This is the most serious comment the piece has drawn, and you've earned a serious answer, because you've done something none of the others did: you conceded the consumption point and moved the argument to firmer ground. You're right. The real question about concentrated wealth is not consumption. It is agency — who decides what gets built, financed, and ignored. I accept that framing completely. I just think it leads to the opposite of where you're heading.
Start with what we agree on. Wealth is not passive; it is capital allocation; capital allocation is decision-making power over the future. Yes. So the only question that matters is the comparative one you've implicitly raised and not answered: compared to whom? Decision-making power over capital does not vanish when you take it from billionaires. It moves. The honest debate is never "concentrated private capital vs. some frictionless social optimum." It is "concentrated private capital vs. the concrete alternative allocator" — and the only allocator large enough to replace them is the state. So the real question is: who allocates capital better, and under what discipline?
Here the asymmetry is decisive, and it has three parts.
First, skin in the game. When Bezos or Ortega allocates wrong, they bear the loss — their capital evaporates, and the decision right passes to someone who allocates better. When the state allocates wrong, the taxpayer bears the loss. A system where the decider eats his own mistakes corrects; a system where he doesn't, compounds them. That is not a moral claim about billionaires being virtuous. It's a structural claim about feedback. Private capital is disciplined by loss; political capital is disciplined by the next election, which is to say barely.
Second, the knowledge problem, which is the deeper version of your "who decides" question. The reason capital allocation is hard is that the relevant knowledge — what people want, what things cost, what will work — is dispersed across millions of minds and is mostly unspoken. No central allocator can assemble it. The price-and-profit system is the only mechanism we've found that aggregates that dispersed knowledge and feeds it back as a signal. Concentrated private capital is still subject to that signal — the market overrules a wrong-headed billionaire ruthlessly, as the corporate graveyard shows. Concentrated state capital is not; it allocates by political salience, and political salience is not social welfare either — it's the loudest lobby, the next election, the prestige project. You correctly note that "what maximizes returns is not always what maximizes social welfare." True. But "what maximizes votes" tracks social welfare worse, not better — which is why the empirical record of state capital allocation, from the nationalized industries to the sovereign-investment disasters, is what it is.

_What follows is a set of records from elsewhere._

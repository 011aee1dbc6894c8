-- ===== src/Backfill.antt =====
-- backfillers: the requests, what is fetched from the chain, and the jobs.
pub mod Requests
pub mod Fetch
pub mod Blocks
pub mod Jobs
pub mod Service
pub mod Sync
pub mod Positions
pub mod Workers
pub mod Latest
pub mod Config
pub mod Command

Third — and this answers your strongest examples directly — the cases where capital genuinely does harm are almost all cases of capital fused with state power, not capital acting against it. The commodity spike that starves the poor, the sovereign-debt trap that guts a developing country's health budget: look closely and you find central banks, capital controls, politically rigged lending, IMF-and-government co-productions, subsidies, and protected cartels. These are not the free market overruling the public good. They are precisely the marriage of concentrated capital and concentrated political power that you're proposing to deepen by moving more allocation to the state. The disease you're describing is cronyism — capital using the state and the state using capital — and the cure for cronyism is not more state, which is more to capture. It is less surface for capture.
So I'll meet your reframing on its own terms and turn it over. Inequality of agency is the right concern. The concentration of decision-making power is the danger. Which is exactly why I want that power held by many competing private allocators — each disciplined by loss, each overruled by the market when wrong, each replaceable by an upstart — rather than fused into the single largest and least correctable allocator of all, the one with no competitor, no bankruptcy, and no skin in the game: the state. We agree on the question. The concentration of power is the problem. The state is its maximum form, not its remedy.